◆ PROVIDED ENTRIES:
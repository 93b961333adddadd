-- ===== src/Node/Certificates/Lego.antt =====
-- node/lego.go: `Lego`, which obtains and renews the certificate of a node. `until` is
-- `time.Until` of a certificate's end, in nanoseconds; its hours are exact here.
use v2b_x_turbo.Base.{
  ℕ, zero, suc, ℤ, pos, quot, lt_ℤ, Bool, true, false, String, Option, none, some, ok, err, [], ◌∷◌,
  Map, string_eq, ◌==◌, if◌then◌else◌, has_prefix,
}
use Prim.Native.String.{◌++◌}
use v2b_x_turbo.Conf.Types.{CertConfig}
use v2b_x_turbo.Node.Certificates.System.{
  Run, ◌>>=◌, ◌>>◌, return, fail, call, ask, try, label, System, Resource,
}
use v2b_x_turbo.Node.Certificates.Account.{check_path, new_lego_user}

pub record Lego (Client : Type 0) : Type 0 where
  pub client : Client
  pub config : CertConfig

-- `strings.NewReplacer("{domain}", domain, "{email}", email).Replace`; the number counts the
-- characters that are left of a text that was replaced.
unfoldable pub replace_params : String → String → ℕ → String → String
replace_params domain email n String.[] = ""
replace_params domain email (suc n) (String.◌∷◌ c s) = replace_params domain email n s
replace_params domain email zero (String.◌∷◌ c s) =
    let past_domain = replace_params domain email 7 s in
    let past_email = replace_params domain email 6 s in
    let rest = replace_params domain email 0 s in
    if has_prefix (String.◌∷◌ c s) "{domain}"
    then domain ++ past_domain
    else if has_prefix (String.◌∷◌ c s) "{email}"
    then email ++ past_email
    else String.◌∷◌ c rest

unfoldable pub parse_params : CertConfig → String → String
unfolding replace_params
parse_params config path = replace_params config.cert_domain config.email 0 path

module _ {W Key Reg Client Provider Cert : Type 0}
    (sys : System W Key Reg Client Provider Cert) where
  -- The loop over `DNSEnv`, in the order of the list.
  unfoldable pub set_envs : Map String String → W → W
  set_envs [] w = w
  set_envs ((k, v) ∷ m) w = set_envs m (sys.set_env k v w)

  unfoldable pub set_provider : Client → CertConfig → Run W (Unit {0})
  unfolding set_envs
  set_provider client config =
      if config.cert_mode == "http"
      then try (sys.set_http client)
      else if config.cert_mode == "dns"
      then (do
        (λ w. some (ok tt, set_envs config.dns_env w))
        p ← label "create dns challenge provider error: " (call (sys.dns_provider config.provider))
        label "set dns provider error: " (try (sys.set_dns client p)))
      else return tt

  unfoldable pub user_path : CertConfig → String
  user_path config =
      sys.join (sys.dir config.cert_file ∷ "user" ∷ ("user-" ++ config.email ++ ".json") ∷ [])

  unfoldable pub new_lego : CertConfig → Run W (Lego Client)
  unfolding set_provider user_path
  new_lego config = do
    user ← label "create user error: " (new_lego_user sys (user_path config) config.email)
    client ← call (sys.new_client user.email user.registration user.key)
    label "set provider error: " (set_provider client config)
    return (record { client = client; config = config })

  unfoldable pub write_cert : CertConfig → Resource → Run W (Unit {0})
  unfolding parse_params
  write_cert config r = do
    label "check path error: " (check_path sys config.cert_file)
    try (sys.write_file (parse_params config config.cert_file) r.certificate)
    label "check path error: " (check_path sys config.key_file)
    try (sys.write_file (parse_params config config.key_file) r.private_key)

  unfoldable pub create_cert : Lego Client → Run W (Unit {0})
  unfolding write_cert
  create_cert l = do
    r ← label "obtain certificate error: " (call (sys.obtain l.client l.config.cert_domain))
    label "write certificate error: " (write_cert l.config r)

module _ {W Key Reg Client Provider Cert : Type 0} (sys : System W Key Reg Client Provider Cert)
    (until : Cert → W → ℤ) where
  -- Whether the certificate has at most thirty whole days left, and an error.
  unfoldable pub check_cert : String → W → Bool × Option String
  check_cert file w = elim (sys.parse_certificate file) [
    | err m ↦ (false, some m)
    | ok c ↦ (if lt_ℤ (pos 30) (quot (until c w) 86400000000000) then false else true, none)
  ]

  -- Behind the read, with the answer of `CheckCert`.
  unfoldable pub renew_if_due : Lego Client → String → Bool × Option String → Run W (Unit {0})
  unfolding write_cert
  renew_if_due l file (false, e) = return tt
  renew_if_due l file (true, some m) = fail ("check cert error: " ++ m)
  renew_if_due l file (true, none) = do
    r ← call (sys.renew l.client l.config.cert_domain file)
    label "write certificate error: " (write_cert sys l.config r)

  unfoldable pub renew_cert : Lego Client → Run W (Unit {0})
  unfolding check_cert renew_if_due
  renew_cert l = do
    file ← label "read cert file error: " (ask (sys.read_file l.config.cert_file))
    λ w. renew_if_due l file (check_cert file w) w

◆ WHAT YOU NEED TO DO:
Above is a listing; print exactly its lines from the one with "unfoldable pub user_path" through the one with "user ← label", and no other lines.

◆ RESPONSE:
  unfoldable pub user_path : CertConfig → String
  user_path config =
      sys.join (sys.dir config.cert_file ∷ "user" ∷ ("user-" ++ config.email ++ ".json") ∷ [])

  unfoldable pub new_lego : CertConfig → Run W (Lego Client)
  unfolding set_provider user_path
  new_lego config = do
    user ← label "create user error: " (new_lego_user sys (user_path config) config.email)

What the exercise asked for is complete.